Přibyl was ordained a priest for the Redemptorists on 22 June 1996 in the Cathedral of St. Vitus by Cardinal Miloslav Vlk. He served at the Marian pilgrimage shrine of Svatá Hora (Holy Mountain) as vicar from 1996 to 1999 and then as parish priest from 1999 to 2008. From 2004 to 2008 he was president of Caritas for the archdiocese, and in 2008 he became a member of the archdiocesan priests council. From 2002 to 2012, he led his order's Prague province. He earned his licentiate in theology in 2012 and his doctorate in theology in 2014, both from Charles University's Catholic Theology Faculty. In 2019, he received his master's degree in finance and management from the Faculty of Social Economics of Jan Evangelista Purkyně University in Ústí nad Labem. In 2025, he received a doctorate in art history from the Faculty of Arts of Charles University. He was vicar general of the Diocese of Litoměřice from 2009 to 2016, and from 2016 to 2024 he was general secretary of the Czech Bishops Conference, serving as its spokesman. From 2014 to 2023, he was administrator of the parishes in Horní Police, Jezvé, and Žandov. In 2021, he was appointed rector of the monastery church of Our Lady of Perpetual Help in Malá Strana (Prague).
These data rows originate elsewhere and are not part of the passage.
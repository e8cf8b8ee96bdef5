-- ===== src/Lockfree/Spsc/Threads.antt =====
-- include/lcr/lockfree/spsc_queue.hpp, `push` and `pop` of two threads: the steps between which the
-- other thread may run, each with one access of an index of the other side or of the buffer. An
-- acquiring load sees all that was written before the releasing store it reads from, and a side's own
-- index is read with its step, as no other thread writes it.
use wirekrak.Common.{ℕ, Bool, true, false, List, [], ◌∷◌, Option, none, some, if◌then◌else◌, get_or}
use wirekrak.Lockfree.Spsc.{
  Core, load_tail, load_head, looks_full, looks_empty, write, publish_head, publish_tail,
}

-- Where the producer stands in `push`, with the item.
pub data Producer {ℓ} (T : Type ℓ) : Type ℓ where
  at_rest : Producer T
  loading : T → Producer T
  writing : T → Producer T
  publishing : T → Producer T

-- Where the consumer stands in `pop`.
pub data Consumer {ℓ} (T : Type ℓ) : Type ℓ where
  at_rest : Consumer T
  loading : Consumer T
  reading : Consumer T
  releasing : T → Consumer T

pub record Machine {ℓ} (T : Type ℓ) : Type ℓ where
  pub core : Core T
  pub producer : Producer T
  pub consumer : Consumer T

-- Which thread runs next. A thread at rest begins a call.
pub data Turn {ℓ} (T : Type ℓ) : Type ℓ where
  produce : T → Turn T
  consume : Turn T

-- The return of a call, where a step is one.
pub data Event {ℓ} (T : Type ℓ) : Type ℓ where
  silent : Event T
  pushed : T → Bool → Event T
  popped : Option T → Event T

module _ {ℓ} {T : Type ℓ} (capacity : ℕ) where
  -- A step of the producer, where `item` is that of the call that a producer at rest begins.
  unfoldable pub produce_step : T → Producer T → Core T → Core T × Producer T × Event T
  unfolding looks_full load_tail write publish_head
  produce_step item Producer.at_rest c =
      (c, if looks_full capacity c then Producer.loading item else writing item, silent)
  produce_step item (Producer.loading x) c =
      let c' = load_tail capacity c in
      if looks_full capacity c'
      then (c', Producer.at_rest, pushed x false)
      else (c', writing x, silent)
  produce_step item (writing x) c = (write capacity x c, publishing x, silent)
  produce_step item (publishing x) c = (publish_head capacity c, Producer.at_rest, pushed x true)

  unfoldable pub consume_step : T → Consumer T → Core T → Core T × Consumer T × Event T
  unfolding looks_empty load_head publish_tail
  consume_step blank Consumer.at_rest c =
      (c, if looks_empty capacity c then Consumer.loading else reading, silent)
  consume_step blank Consumer.loading c =
      let c' = load_head capacity c in
      if looks_empty capacity c' then (c', Consumer.at_rest, popped none) else (c', reading, silent)
  consume_step blank reading c = (c, releasing (get_or c.buffer c.tail blank), silent)
  consume_step blank (releasing x) c = (publish_tail capacity c, Consumer.at_rest, popped (some x))

  unfoldable pub take_turn : T → Turn T → Machine T → Machine T × Event T
  unfolding produce_step consume_step
  take_turn blank (produce item) m =
      let (c, p, e) = produce_step item m.producer m.core in
      (record m { core = c; producer = p }, e)
  take_turn blank consume m =
      let (c, q, e) = consume_step blank m.consumer m.core in
      (record m { core = c; consumer = q }, e)

  -- The returns of the calls, in the order of a schedule.
  unfoldable pub returns : T → List (Turn T) → Machine T → List (Event T)
  unfolding take_turn
  returns blank [] m = []
  returns blank (turn ∷ turns) m =
      let (m', e) = take_turn blank turn m in e ∷ returns blank turns m'
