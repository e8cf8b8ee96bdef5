-- ===== src/Lockfree/Spsc/Positions.antt =====
-- Positions round a ring while its ends move.
use wirekrak.Common.{
  ℕ, zero, suc, ◌<◌, ◌≤◌, ◌≡◌, ◌≢◌, refl, ap, true, false, List, [], ◌∷◌, ◌++◌, ◌==◌, get_or, set,
  get_or-set_ne, arith,
}
use mathlib.Core.Path.{ap₂}
use wirekrak.Local.Ring.Positions.{step, step_lem, distance, window}
use wirekrak.Lockfree.Spsc.{next_slot}

module _ (capacity i j : ℕ) (p : i < capacity) (q : j < capacity) where
  pub next_slot-lt : next_slot capacity i < capacity
  next_slot-lt = omega (arith, p)

  -- The place after `j` is not `i`: there is room for one more between them.
  pub room : (next_slot capacity j == i) ≡ false → suc (distance capacity i j) < capacity
  room e = ground (arith, e, p, q, step_lem capacity j q)

  pub no_room : (next_slot capacity j == i) ≡ true → suc (distance capacity i j) ≡ capacity
  no_room e = ground (arith, e, p, q, step_lem capacity j q)

  pub distance-next :
      suc (distance capacity i j) < capacity
      → distance capacity i (next_slot capacity j) ≡ suc (distance capacity i j)
  distance-next l = ground (arith, l, p, q, step_lem capacity j q)

  pub distance-after :
      0 < distance capacity i j
      → suc (distance capacity (next_slot capacity i) j) ≡ distance capacity i j
  distance-after l = ground (arith, l, p, q, step_lem capacity i p)

module _ {ℓ} {T : Type ℓ} (blank : T) (capacity : ℕ) where
  -- A write at the place that follows a window does not change it.
  pub window-set_outside :
      (x : T) (buffer : List T) (i j n : ℕ)
      → i < capacity
      → j < capacity
      → n ≤ distance capacity i j
      → window blank capacity (set buffer j x) i n ≡ window blank capacity buffer i n
  unfolding window
  window-set_outside x buffer i j zero p q d = refl
  window-set_outside x buffer i j (suc n) p q d =
      ap₂ ◌∷◌ (get_or-set_ne buffer x blank (different p q d)) (
        window-set_outside x buffer (step capacity i) j n (ground (arith, p)) q
          (ground (arith, p, q, d)))
    where
      different : i < capacity → j < capacity → suc n ≤ distance capacity i j → j ≢ i
      different p q d = ground (arith, p, q, d)

  -- A window that is longer by one ends with the element after it.
  pub window-suc :
      (buffer : List T) (i j n : ℕ)
      → i < capacity
      → j < capacity
      → distance capacity i j ≡ n
      → window blank capacity buffer i (suc n)
        ≡ window blank capacity buffer i n ++ get_or buffer j blank ∷ []
  unfolding window
  window-suc buffer i j zero p q d = ap (λ k. get_or buffer k blank ∷ []) (same p q d)
    where
      same : i < capacity → j < capacity → distance capacity i j ≡ 0 → i ≡ j
      same p q d = ground (arith, p, q, d)
  window-suc buffer i j (suc n) p q d =
      ap (λ xs. get_or buffer i blank ∷ xs)
        (window-suc buffer (step capacity i) j n (ground (arith, p)) q (ground (arith, p, q, d)))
In January 2021, as general secretary of the Bishops Conference, he joined in signing a statement denouncing anti-vaccination protestors who wore yellow stars of David while protesting government support of COVID vaccination. It said that appropriating that symbol of the Holocaust represented "a cheap, calculating cynicism that has exceeded all conceivable bounds".

=== Episcopal career ===
Přibyl was appointed bishop of Litoměřice by Pope Francis on 23 December 2023. He was consecrated a bishop on 2 March 2024 at the Cathedral of St. Stephen in Litoměřice by Jan Graubner, Archbishop of Prague, assisted by Gregor Maria Hanke, Bishop of Eichstätt, and Jan Baxant, the retiring bishop of Litoměřice.
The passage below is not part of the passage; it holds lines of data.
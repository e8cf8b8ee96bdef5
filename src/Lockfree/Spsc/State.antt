-- ===== src/Lockfree/Spsc/State.antt =====
-- The states of the ring and of its two threads that can be reached, and the queue they stand for.
use wirekrak.Common.{ℕ, suc, ◌<◌, ◌≤◌, ◌≡◌, List, length, get_or}
use wirekrak.Local.Ring.Positions.{distance, window}
use wirekrak.Local.Ring.Refine.{put_in, take_out}
use wirekrak.Lockfree.Spsc.{Core}
use wirekrak.Lockfree.Spsc.Threads.{
  Producer, Consumer, Event, silent, pushed, popped, writing, publishing, reading, releasing,
}

module _ {T : Type 0} (blank : T) (capacity : ℕ) where
  -- Each side's copy of the other's index is behind that index.
  unfoldable pub IsValid : Core T → Type 0
  IsValid c =
      (length c.buffer ≡ capacity)
      × (c.head < capacity)
      × (c.tail < capacity)
      × (c.head_cache < capacity)
      × (c.tail_cache < capacity)
      × (distance capacity c.tail c.head ≤ distance capacity c.head_cache c.head)
      × (distance capacity c.tail c.tail_cache ≤ distance capacity c.tail c.head)

  -- A producer that writes has room by its copy, and one that publishes has written.
  unfoldable pub IsProducer : Producer T → List T → ℕ → ℕ → Type 0
  IsProducer Producer.at_rest buffer head head_cache = Unit
  IsProducer (Producer.loading x) buffer head head_cache = Unit
  IsProducer (writing x) buffer head head_cache = suc (distance capacity head_cache head) < capacity
  IsProducer (publishing x) buffer head head_cache =
      (suc (distance capacity head_cache head) < capacity) × (get_or buffer head blank ≡ x)

  -- A consumer that reads has an element by its copy, and one that releases has read it.
  unfoldable pub IsConsumer : Consumer T → List T → ℕ → ℕ → Type 0
  IsConsumer Consumer.at_rest buffer tail tail_cache = Unit
  IsConsumer Consumer.loading buffer tail tail_cache = Unit
  IsConsumer reading buffer tail tail_cache = 0 < distance capacity tail tail_cache
  IsConsumer (releasing x) buffer tail tail_cache =
      (0 < distance capacity tail tail_cache) × (get_or buffer tail blank ≡ x)

  -- The elements from the tail to the head.
  unfoldable pub held : Core T → List T
  held c = window blank capacity c.buffer c.tail (distance capacity c.tail c.head)

  -- What a step does to the queue.
  unfoldable pub Answers : Event T → List T → List T → Type 0
  Answers silent xs xs' = xs' ≡ xs
  Answers (pushed x ok) xs xs' = (xs', ok) ≡ put_in capacity x xs
  Answers (popped out) xs xs' = (xs', out) ≡ take_out xs

  -- The state of the three.
  unfoldable pub AreValid : Producer T → Consumer T → Core T → Type 0
  unfolding IsValid IsProducer IsConsumer
  AreValid p q c =
      IsValid c
      × IsProducer p c.buffer c.head c.head_cache
      × IsConsumer q c.buffer c.tail c.tail_cache
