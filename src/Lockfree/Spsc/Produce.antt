-- ===== src/Lockfree/Spsc/Produce.antt =====
-- The steps of the producer.
use wirekrak.Common.{
  ℕ, suc, ◌<◌, ◌≡◌, refl, sym, ap, ◌∙◌, Bool, true, false, List, [], ◌∷◌, ◌++◌, ◌==◌, if◌then◌else◌,
  length, length-set, set, get_or-set_self, get_or-set_ne, ◌≢◌, arith,
}
use wirekrak.Local.Ring.Positions.{distance, window, length-window}
use wirekrak.Local.Ring.Refine.{put_in}
use wirekrak.Lockfree.Spsc.{Core, next_slot, load_tail, looks_full, write, publish_head}
use wirekrak.Lockfree.Spsc.Threads.{
  Producer, Consumer, Event, silent, pushed, writing, publishing, reading, releasing, produce_step,
}
use wirekrak.Lockfree.Spsc.Positions.{
  next_slot-lt, room, no_room, distance-next, window-set_outside, window-suc,
}
use wirekrak.Lockfree.Spsc.State.{IsProducer, IsConsumer, held, Answers, AreValid}

module _ {T : Type 0} (blank : T) (capacity : ℕ) where
  -- A step of the producer, beside a consumer.
  unfoldable pub IsProduced : Consumer T → Core T → Core T × Producer T × Event T → Type 0
  unfolding AreValid Answers held
  IsProduced q c (c', p, e) =
      AreValid blank capacity p q c'
      × Answers blank capacity e (held blank capacity c) (held blank capacity c')

  if-IsProduced :
      (b : Bool) (q : Consumer T) (c : Core T) (x y : Core T × Producer T × Event T)
      → (b ≡ true → IsProduced q c x)
      → (b ≡ false → IsProduced q c y)
      → IsProduced q c (if b then x else y)
  if-IsProduced true q c x y f g = f refl
  if-IsProduced false q c x y f g = g refl

  start :
      (b : Bool) (x : T) (buffer : List T) (head head_cache : ℕ)
      → (b ≡ false → suc (distance capacity head_cache head) < capacity)
      → IsProducer blank capacity
          (if b then Producer.loading x else writing x)
          buffer
          head
          head_cache
  unfolding IsProducer
  start true x buffer head head_cache f = tt
  start false x buffer head head_cache f = f refl

  -- A consumer does not see the write of the producer.
  beside_write :
      (q : Consumer T) (x : T) (buffer : List T) (head tail tail_cache : ℕ)
      → (0 < distance capacity tail tail_cache → head ≢ tail)
      → IsConsumer blank capacity q buffer tail tail_cache
      → IsConsumer blank capacity q (set buffer head x) tail tail_cache
  unfolding IsConsumer
  beside_write Consumer.at_rest x buffer head tail tail_cache f k = k
  beside_write Consumer.loading x buffer head tail tail_cache f k = k
  beside_write reading x buffer head tail tail_cache f k = k
  beside_write (releasing y) x buffer head tail tail_cache f (k, same) =
      (k, get_or-set_ne buffer x blank (f k) ∙ same)

  pub refused :
      (x : T) (xs : List T) → suc (length xs) ≡ capacity → (xs, false) ≡ put_in capacity x xs
  unfolding put_in
  refused x xs e =
      sym
        (ap (λ b. if b then (xs ++ x ∷ [], true) else (xs, false)) {y = false} (ground (arith, e)))

  accepted :
      (x : T) (xs : List T)
      → suc (length xs) < capacity
      → (xs ++ x ∷ [], true) ≡ put_in capacity x xs
  unfolding put_in
  accepted x xs e =
      sym (ap (λ b. if b then (xs ++ x ∷ [], true) else (xs, false)) {y = true} (ground (arith, e)))

  pub produce_step-IsProduced :
      (item : T) (p : Producer T) (q : Consumer T) (c : Core T)
      → AreValid blank capacity p q c
      → IsProduced q c (produce_step capacity item p c)
  unfolding IsProduced produce_step looks_full write load_tail publish_head
  produce_step-IsProduced item Producer.at_rest q c ((l, h, t, hc, tc, lag, lag'), w, k) = (
    (
      (l, h, t, hc, tc, lag, lag'),
      start (next_slot capacity c.head == c.head_cache) item c.buffer c.head c.head_cache
          (λ e. room capacity c.head_cache c.head hc h e),
      k,
    ),
    refl,
  )
  produce_step-IsProduced item (Producer.loading x) q c ((l, h, t, hc, tc, lag, lag'), w, k) =
      if-IsProduced (next_slot capacity c.head == c.tail) q c
        (load_tail capacity c, Producer.at_rest, pushed x false)
        (load_tail capacity c, writing x, silent)
        (λ e. (
          ((l, h, t, t, tc, omega arith, lag'), tt, k),
          refused x (held blank capacity c) (
              ap suc
                (length-window blank capacity c.buffer c.tail (distance capacity c.tail c.head))
              ∙ no_room capacity c.tail c.head t h e),
        ))
        (λ e. (((l, h, t, t, tc, omega arith, lag'), room capacity c.tail c.head t h e, k), refl))
  produce_step-IsProduced item (writing x) q c ((l, h, t, hc, tc, lag, lag'), w, k) = (
    (
      (length-set c.buffer c.head x ∙ l, h, t, hc, tc, lag, lag'),
      (w, get_or-set_self c.buffer c.head x blank (omega (arith, h, l))),
      beside_write q x c.buffer c.head c.tail c.tail_cache (λ z. ground (arith, z, lag', h, t)) k,
    ),
    window-set_outside blank capacity x c.buffer c.tail c.head (distance capacity c.tail c.head) t h
        (omega arith),
  )
  produce_step-IsProduced item (publishing x) q c ((l, h, t, hc, tc, lag, lag'), (w, same), k) =
      let d = distance capacity c.tail c.head in
      let near : suc d < capacity = omega (arith, w, lag) in
      let longer = distance-next capacity c.tail c.head t h near in
      (
        (
          (
            l,
            next_slot-lt capacity c.head c.head h h,
            t,
            hc,
            tc,
            omega (arith, longer, distance-next capacity c.head_cache c.head hc h w, lag),
            omega (arith, longer, lag'),
          ),
          tt,
          k,
        ),
        ap (λ ys. (ys, true))
              (ap (window blank capacity c.buffer c.tail) longer
                ∙ window-suc blank capacity c.buffer c.tail c.head d t h refl
                ∙ ap (λ y. held blank capacity c ++ y ∷ []) same)
            ∙ accepted x (held blank capacity c)
                (omega (arith, near, length-window blank capacity c.buffer c.tail d)),
      )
On 31 December 2025, he declared 2026 a year of reconciliation marking the 80th anniversary of the post-World War II expulsion of ethnic Germans from the Sudetenland region that falls within the jurisdiction of the Diocese of Litoměřice. When assigned to Prague, he cited as his most important work in Litoměřice as ethnic reconciliation and opening dialogue with academic institutions and a variety of political and social organizations.

Pope Leo XIV appointed him archbishop of Prague on 2 February 2026, to which he was appointed on 25 April. He is the youngest to hold the position since Pavel Huyn in 1916 at the age of 48.

He has served as vice president of the Czech Episcopal Conference since 29 April 2025. He holds many other positions within that Conference, including: vice-chair of the permanent council; chair of the Commission for Prevention and Protection from Abuse; member of the Commissions for the Doctrine of the Faith and the Commission for Liturgy; delegate to the Council for COMECE, the Council for Culture and Monuments, and the Council for the Media and the Catholic Weekly. He also teaches pastoral theology at the Faculty of Theology, Charles University, where as archbishop he will be grand chancellor of an institution where, he noted, there is "great tension" between two groups of faculty. He also serves on the Board of Trustees of the Technical University of Liberec.

On 29 June 2026, Přibyl received the pallium from Pope Leo XIV at the Vatican.